Task directions:
Among the lines below, a stretch begins at the one with "least one piece." and ends at the one with "concat [] = []". Repeat that stretch exactly, ends included.

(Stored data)

* * * * * * * * *

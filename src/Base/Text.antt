-- ===== src/Base/Text.antt =====
-- Text as a list of Unicode scalar values: the functions of Rust's `str` that the hub calls.
use Prim.Native.Char.{code}
use Prim.Native.String.{String}
use Prim.Native.Nat.{ℕ, zero, suc, ◌+◌, ◌/◌, ◌%◌}
use mathlib.Core.Path.{◌≡◌, refl, sym}
use mathlib.Core.Logic.{◌↔◌, inl, inr}
use mathlib.Core.Bool.{Bool, true, false, ◌&&◌, ◌||◌}
use mathlib.Core.List.{List, [], ◌∷◌, ◌++◌, reverse}
use mathlib.Core.Option.{Option, none, some}
use native.Mathlib.Omega.{arith}
use homeassistant_local_voic.Base.Tests.{Bool-cases, ltb, leb, ◌==◌, if◌then◌else◌}
use homeassistant_local_voic.Base.Lists.{length, drop}

abbrev pub Text : Type 0
Text = List ℕ

abbrev pub codes : String → Text
codes String.[] = []
codes (String.◌∷◌ c s) = code c ∷ codes s

unfoldable pub text_eq : Text → Text → Bool
text_eq [] [] = true
text_eq (x ∷ xs) (y ∷ ys) = x == y && text_eq xs ys
text_eq _ _ = false

pub text_eq_iff : (a b : Text) → (text_eq a b ≡ true) ↔ (a ≡ b)
unfolding text_eq
text_eq_iff (x ∷ a) (y ∷ b) = ground (arith, text_eq_iff a b)
text_eq_iff _ _ = ground arith

pub text_eq_refl : (a : Text) → text_eq a a ≡ true
text_eq_refl a = (text_eq_iff a a).1 refl

pub text_eq_sym : (a b : Text) → text_eq a b ≡ false → text_eq b a ≡ false
text_eq_sym a b h = elim (Bool-cases (text_eq b a)) [
  | inr other ↦ other
  | inl same ↦
      let equal : b ≡ a = (text_eq_iff b a).0 same in
      let again = (text_eq_iff a b).1 (sym equal) in cc
]

-- The order of lists. For `String` it is that of the bytes, which is that of the scalar values.
unfoldable pub less_text : Text → Text → Bool
less_text a [] = false
less_text [] (y ∷ ys) = true
less_text (x ∷ xs) (y ∷ ys) = ltb x y || ((x == y) && less_text xs ys)

pub less_text_refl : (a : Text) → less_text a a ≡ false
unfolding less_text
less_text_refl [] = refl
less_text_refl (x ∷ xs) = let rest = less_text_refl xs in ground (arith, rest)

-- What is not below a list is not below what that is not below.
pub less_text_trans :
    (a b c : Text) → less_text b a ≡ false → less_text c b ≡ false → less_text c a ≡ false
unfolding less_text
less_text_trans [] b [] p q = refl
less_text_trans [] [] (z ∷ zs) p q = refl
less_text_trans [] (y ∷ ys) (z ∷ zs) p q = refl
less_text_trans (x ∷ xs) [] c p q = cc
less_text_trans (x ∷ xs) (y ∷ ys) [] p q = cc
less_text_trans (x ∷ xs) (y ∷ ys) (z ∷ zs) p q =
    let rest = less_text_trans xs ys zs in ground (arith, rest)

pub less_text_asym : (a b : Text) → less_text a b ≡ true → less_text b a ≡ false
unfolding less_text
less_text_asym a [] h = cc
less_text_asym [] (y ∷ ys) h = refl
less_text_asym (x ∷ xs) (y ∷ ys) h = let rest = less_text_asym xs ys in ground (arith, rest)

abbrev pub text_mem : Text → List Text → Bool
text_mem a [] = false
text_mem a (x ∷ xs) = text_eq x a || text_mem a xs

-- The property White_Space of Unicode: `char::is_whitespace`.
unfoldable pub is_whitespace : ℕ → Bool
is_whitespace c =
    (leb 9 c && leb c 13)
    || c == 0x20
    || c == 0x85
    || c == 0xa0
    || c == 0x1680
    || (leb 0x2000 c && leb c 0x200a)
    || c == 0x2028
    || c == 0x2029
    || c == 0x202f
    || c == 0x205f
    || c == 0x3000

unfoldable pub is_ascii_digit : ℕ → Bool
is_ascii_digit c = leb b'0' c && leb c b'9'

unfoldable pub is_ascii_alphanumeric : ℕ → Bool
unfolding is_ascii_digit
is_ascii_alphanumeric c =
    is_ascii_digit c || (leb b'a' c && leb c b'z') || (leb b'A' c && leb c b'Z')

unfoldable pub trim_start_matches : (ℕ → Bool) → Text → Text
trim_start_matches p [] = []
trim_start_matches p (c ∷ cs) = let rest = trim_start_matches p cs in if p c then rest else c ∷ cs

unfoldable pub trim_end_matches : (ℕ → Bool) → Text → Text
unfolding trim_start_matches
trim_end_matches p s = reverse (trim_start_matches p (reverse s))

unfoldable pub trim : Text → Text
unfolding trim_start_matches trim_end_matches is_whitespace
trim s = trim_end_matches is_whitespace (trim_start_matches is_whitespace s)

unfoldable pub trim_start : Text → Text
unfolding trim_start_matches is_whitespace
trim_start = trim_start_matches is_whitespace

unfoldable pub strip_prefix : Text → Text → Option Text
strip_prefix [] s = some s
strip_prefix (p ∷ ps) [] = none
strip_prefix (p ∷ ps) (c ∷ cs) = let rest = strip_prefix ps cs in if p == c then rest else none

unfoldable pub starts_with : Text → Text → Bool
starts_with s [] = true
starts_with [] (p ∷ ps) = false
starts_with (c ∷ cs) (p ∷ ps) = c == p && starts_with cs ps

unfoldable pub ends_with : Text → Text → Bool
unfolding starts_with
ends_with s suffix = starts_with (reverse s) (reverse suffix)

unfoldable pub contains : Text → Text → Bool
unfolding starts_with
contains [] part = starts_with [] part
contains (c ∷ cs) part = starts_with (c ∷ cs) part || contains cs part

-- The text in front of the first `sep`, and the text behind it.
unfoldable pub split_once : ℕ → Text → Option (Text × Text)
split_once sep [] = none
split_once sep (c ∷ cs) =
    let rest : Option (Text × Text) = elim (split_once sep cs) [
      | none ↦ none
      | some (a, b) ↦ some (c ∷ a, b)
    ] in
    if c == sep then some ([], cs) else rest

abbrev pub push_front : ℕ → List Text → List Text
push_front c [] = (c ∷ []) ∷ []
push_front c (w ∷ ws) = (c ∷ w) ∷ ws

-- `str::split` at every character that `p` accepts: always at least one piece.
unfoldable pub split : (ℕ → Bool) → Text → List Text
split p [] = [] ∷ []
split p (c ∷ cs) = let rest = split p cs in if p c then [] ∷ rest else push_front c rest

abbrev pub is_empty {ℓ} : {A : Type ℓ} → List A → Bool
is_empty [] = true
is_empty (c ∷ cs) = false

abbrev pub filter_nonempty : List Text → List Text
filter_nonempty [] = []
filter_nonempty (w ∷ ws) = if is_empty w then filter_nonempty ws else w ∷ filter_nonempty ws

unfoldable pub split_whitespace : Text → List Text
unfolding split is_whitespace
split_whitespace s = filter_nonempty (split is_whitespace s)

strip_cr : Text → Text
strip_cr [] = []
strip_cr (c ∷ []) = if c == 13 then [] else c ∷ []
strip_cr (c ∷ d ∷ cs) = c ∷ strip_cr (d ∷ cs)

-- The last piece is a line only if it is not empty, and `\r` goes only with its `\n`.
line_ends : List Text → List Text
unfolding strip_cr
line_ends [] = []
line_ends (l ∷ []) = if is_empty l then [] else l ∷ []
line_ends (l ∷ m ∷ ls) = strip_cr l ∷ line_ends (m ∷ ls)

unfoldable pub lines : Text → List Text
unfolding split line_ends
lines s = line_ends (split (λ c. c == b'\n') s)

unfoldable pub join : Text → List Text → Text
join sep [] = []
join sep (w ∷ []) = w
join sep (w ∷ v ∷ ws) = w ++ (sep ++ join sep (v ∷ ws))

unfoldable pub concat {ℓ} : {A : Type ℓ} → List (List A) → List A
concat [] = []
concat (w ∷ ws) = w ++ concat ws

decimal : ℕ → ℕ → Text → Text
decimal zero n rest = rest
decimal (suc f) n rest = elim (ltb n 10) [
  | true ↦ (b'0' + n) ∷ rest
  | false ↦ decimal f (n / 10) ((b'0' + n % 10) ∷ rest)
]

-- The decimal digits of an unsigned number: a number below 10 ^ n needs n rounds at most.
unfoldable pub to_string : ℕ → Text
unfolding decimal
to_string n = decimal (n + 1) n []

-- `split_once` at a text that is not empty.
unfoldable pub split_once_at : Text → Text → Option (Text × Text)
unfolding starts_with
split_once_at sep [] = none
split_once_at sep (c ∷ cs) =
    let rest : Option (Text × Text) = elim (split_once_at sep cs) [
      | none ↦ none
      | some (a, b) ↦ some (c ∷ a, b)
    ] in
    if starts_with (c ∷ cs) sep then some ([], drop (length sep) (c ∷ cs)) else rest
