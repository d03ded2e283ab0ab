-- ===== src/Base/Int.antt =====
-- Signed numbers as their values, and the bit patterns of 16 and 32 bits.
use Prim.Native.Nat.{ℕ, zero, suc, ◌+◌, ◌-◌, ◌*◌, ◌/◌, ◌%◌, ◌<◌, min}
use mathlib.Core.Path.{◌≡◌, refl}
use native.Mathlib.Omega.{arith}
use mathlib.Core.Bool.{Bool, true, false}
use mathlib.Core.Option.{Option, none, some}
use homeassistant_local_voic.Base.Tests.{ltb, leb, ◌==◌, if◌then◌else◌}

pub data ℤ : Type 0 where
  pos : ℕ → ℤ
  negsuc : ℕ → ℤ

abbrev pub less : ℤ → ℤ → Bool
less (pos m) (pos n) = ltb m n
less (pos m) (negsuc n) = false
less (negsuc m) (pos n) = true
less (negsuc m) (negsuc n) = ltb n m

abbrev pub equal : ℤ → ℤ → Bool
equal (pos m) (pos n) = m == n
equal (pos m) (negsuc n) = false
equal (negsuc m) (pos n) = false
equal (negsuc m) (negsuc n) = m == n

abbrev pub same_option : Option ℤ → Option ℤ → Bool
same_option none none = true
same_option none (some y) = false
same_option (some x) none = false
same_option (some x) (some y) = equal x y

-- The negative of a number.
abbrev pub negated : ℕ → ℤ
negated zero = pos 0
negated (suc n) = negsuc n

abbrev pub plus : ℤ → ℤ → ℤ
plus (pos m) (pos n) = pos (m + n)
plus (pos m) (negsuc n) = if leb m n then negsuc (n - m) else pos (m - n - 1)
plus (negsuc m) (pos n) = if leb n m then negsuc (m - n) else pos (n - m - 1)
plus (negsuc m) (negsuc n) = negsuc (m + n + 1)

-- `/` of Rust: towards zero.
abbrev pub divided : ℤ → ℕ → ℤ
divided (pos m) d = pos (m / d)
divided (negsuc m) d = negated ((m + 1) / d)

-- `>> 16` of a signed number: downwards.
abbrev pub high_half : ℤ → ℤ
high_half (pos m) = pos (m / 65536)
high_half (negsuc m) = negsuc (m / 65536)

-- `n - 128`.
abbrev pub centred : ℕ → ℤ
centred n = if leb 128 n then pos (n - 128) else negated (128 - n)

-- `<< 8`.
abbrev pub times_256 : ℤ → ℤ
times_256 (pos m) = pos (m * 256)
times_256 (negsuc m) = negated ((m + 1) * 256)

-- The number that a bit pattern stands for, and the pattern of a number.
abbrev pub signed16 : ℕ → ℤ
signed16 w = if ltb w 32768 then pos w else negsuc (65535 - w)

abbrev pub pattern16 : ℤ → ℕ
pattern16 (pos m) = m % 65536
pattern16 (negsuc m) = 65535 - m % 65536

abbrev pub signed32 : ℕ → ℤ
signed32 w = if ltb w 2147483648 then pos w else negsuc (4294967295 - w)

-- `i16::MIN` to `i16::MAX`.
abbrev pub IsI16 : ℤ → Type 0
IsI16 (pos m) = m < 32768
IsI16 (negsuc m) = m < 32768

abbrev pub clamp16 : ℤ → ℤ
clamp16 (pos m) = pos (min m 32767)
clamp16 (negsuc m) = negsuc (min m 32767)

pub clamp16-IsI16 : (z : ℤ) → IsI16 (clamp16 z)
clamp16-IsI16 (pos m) = omega arith
clamp16-IsI16 (negsuc m) = omega arith

pub clamp16-same : (z : ℤ) → IsI16 z → clamp16 z ≡ z
clamp16-same (pos m) h = let e : min m 32767 ≡ m = omega arith in rw e refl
clamp16-same (negsuc m) h = let e : min m 32767 ≡ m = omega arith in rw e refl

pub signed16-pattern16 : (z : ℤ) → IsI16 z → signed16 (pattern16 z) ≡ z
signed16-pattern16 (pos m) h = ground arith
signed16-pattern16 (negsuc m) h = ground arith

pub pattern16_lt : (z : ℤ) → pattern16 z < 65536
pattern16_lt (pos m) = omega arith
pattern16_lt (negsuc m) = omega arith

pub plus-zero : (z : ℤ) → plus (pos 0) z ≡ z
plus-zero (pos m) = ground arith
plus-zero (negsuc m) = ground arith

pub divided-one : (z : ℤ) → divided z 1 ≡ z
divided-one (pos m) = let e : m / 1 ≡ m = omega arith in rw e refl
divided-one (negsuc m) = let e : (m + 1) / 1 ≡ suc m = omega arith in rw e refl
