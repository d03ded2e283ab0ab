-- ===== src/Base/Bytes.antt =====
-- Little-endian numbers, and lists cut into pieces.
use Prim.Native.Nat.{ℕ, zero, suc, ◌+◌, ◌*◌, ◌/◌, ◌%◌, ◌^◌, ◌<◌, ◌≤◌}
use mathlib.Core.Path.{◌≡◌, refl, ap, ◌∙◌}
use mathlib.Core.List.{List, [], ◌∷◌, ◌++◌}
use native.Mathlib.Omega.{arith}
use native.Mathlib.Nat.{pow-suc}
use homeassistant_local_voic.Base.Lists.{
  length, take, drop, All, length-take, length-drop, take-append-drop,
}
use homeassistant_local_voic.Base.Tests.{ltb, if◌then◌else◌}
use homeassistant_local_voic.Base.Text.{is_empty, concat}

-- `to_le_bytes` of a number of `n` bytes.
abbrev pub to_le : ℕ → ℕ → List ℕ
to_le zero w = []
to_le (suc n) w = (w % 256) ∷ to_le n (w / 256)

-- `from_le_bytes`.
abbrev pub from_le : List ℕ → ℕ
from_le [] = 0
from_le (b ∷ bytes) = b + 256 * from_le bytes

pub length-to_le : (n w : ℕ) → length (to_le n w) ≡ n
length-to_le zero w = refl
length-to_le (suc n) w = ap suc (length-to_le n (w / 256))

pub from_le-to_le_two : (w : ℕ) → w < 2 ^ 16 → from_le (to_le 2 w) ≡ w
from_le-to_le_two w h = omega arith

pub from_le-to_le_four : (w : ℕ) → w < 2 ^ 32 → from_le (to_le 4 w) ≡ w
from_le-to_le_four w h = omega arith

pow_part : (n w : ℕ) → w < 256 ^ suc n → w / 256 < 256 ^ n
pow_part n w h = let e : 256 ^ suc n ≡ 256 ^ n * 256 = pow-suc 256 n in omega (arith, e)

pub from_le-to_le : (n w : ℕ) → w < 256 ^ n → from_le (to_le n w) ≡ w
from_le-to_le zero w h = omega arith
from_le-to_le (suc n) w h =
    let rest = from_le-to_le n (w / 256) (pow_part n w h) in omega (arith, rest)

-- `chunks` and `chunks_exact`: a piece takes at least one value, so the length bounds the rounds.
pieces {ℓ} : {A : Type ℓ} → ℕ → ℕ → List A → List (List A)
pieces zero n xs = []
pieces (suc f) n xs =
    let rest = pieces f n (drop n xs) in if is_empty xs then [] else take n xs ∷ rest

unfoldable pub chunks {ℓ} : {A : Type ℓ} → ℕ → List A → List (List A)
unfolding pieces
chunks n xs = pieces (length xs) n xs

unfoldable pub pieces_exact {ℓ} : {A : Type ℓ} → ℕ → ℕ → List A → List (List A)
pieces_exact zero n xs = []
pieces_exact (suc f) n xs =
    let rest = pieces_exact f n (drop n xs) in if ltb (length xs) n then [] else take n xs ∷ rest

unfoldable pub chunks_exact {ℓ} : {A : Type ℓ} → ℕ → List A → List (List A)
unfolding pieces_exact
chunks_exact n xs = pieces_exact (length xs) n xs

concat-pieces {ℓ} :
    {A : Type ℓ} (f n : ℕ) (xs : List A) → 0 < n → length xs ≤ f → concat (pieces f n xs) ≡ xs
unfolding pieces concat
concat-pieces zero n [] p h = refl
concat-pieces zero n (x ∷ xs) p h = absurd (omega arith)
concat-pieces (suc f) n [] p h = refl
concat-pieces (suc f) n (x ∷ xs) p h =
    ap (λ ys. take n (x ∷ xs) ++ ys)
      (concat-pieces f n (drop n (x ∷ xs)) p (omega (arith, length-drop n (x ∷ xs))))
    ∙ take-append-drop n (x ∷ xs)

-- The pieces are the list, cut.
pub concat-chunks {ℓ} : {A : Type ℓ} (n : ℕ) (xs : List A) → 0 < n → concat (chunks n xs) ≡ xs
unfolding chunks
concat-chunks n xs p = concat-pieces (length xs) n xs p (omega arith)

pieces_small :
    (f n : ℕ) (xs : List ℕ) → 0 < n → All (λ ys. (0 < length ys) × (length ys ≤ n)) (pieces f n xs)
unfolding pieces
pieces_small zero n xs p = tt
pieces_small (suc f) n [] p = tt
pieces_small (suc f) n (x ∷ xs) p =
    let long = length-take n (x ∷ xs) in
    ((omega arith, omega arith), pieces_small f n (drop n (x ∷ xs)) p)

pub chunks_small :
    (n : ℕ) (xs : List ℕ) → 0 < n → All (λ ys. (0 < length ys) × (length ys ≤ n)) (chunks n xs)
unfolding chunks
chunks_small n xs p = pieces_small (length xs) n xs p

* * * * * * * * *

Task response:
-- `str::split` at every character that `p` accepts: always at least one piece.
unfoldable pub split : (ℕ → Bool) → Text → List Text
split p [] = [] ∷ []
split p (c ∷ cs) = let rest = split p cs in if p c then [] ∷ rest else push_front c rest

abbrev pub is_empty {ℓ} : {A : Type ℓ} → List A → Bool
is_empty [] = true
is_empty (c ∷ cs) = false

abbrev pub filter_nonempty : List Text → List Text
filter_nonempty [] = []
filter_nonempty (w ∷ ws) = if is_empty w then filter_nonempty ws else w ∷ filter_nonempty ws

unfoldable pub split_whitespace : Text → List Text
unfolding split is_whitespace
split_whitespace s = filter_nonempty (split is_whitespace s)

strip_cr : Text → Text
strip_cr [] = []
strip_cr (c ∷ []) = if c == 13 then [] else c ∷ []
strip_cr (c ∷ d ∷ cs) = c ∷ strip_cr (d ∷ cs)

-- The last piece is a line only if it is not empty, and `\r` goes only with its `\n`.
line_ends : List Text → List Text
unfolding strip_cr
line_ends [] = []
line_ends (l ∷ []) = if is_empty l then [] else l ∷ []
line_ends (l ∷ m ∷ ls) = strip_cr l ∷ line_ends (m ∷ ls)

unfoldable pub lines : Text → List Text
unfolding split line_ends
lines s = line_ends (split (λ c. c == b'\n') s)

unfoldable pub join : Text → List Text → Text
join sep [] = []
join sep (w ∷ []) = w
join sep (w ∷ v ∷ ws) = w ++ (sep ++ join sep (v ∷ ws))

unfoldable pub concat {ℓ} : {A : Type ℓ} → List (List A) → List A
concat [] = []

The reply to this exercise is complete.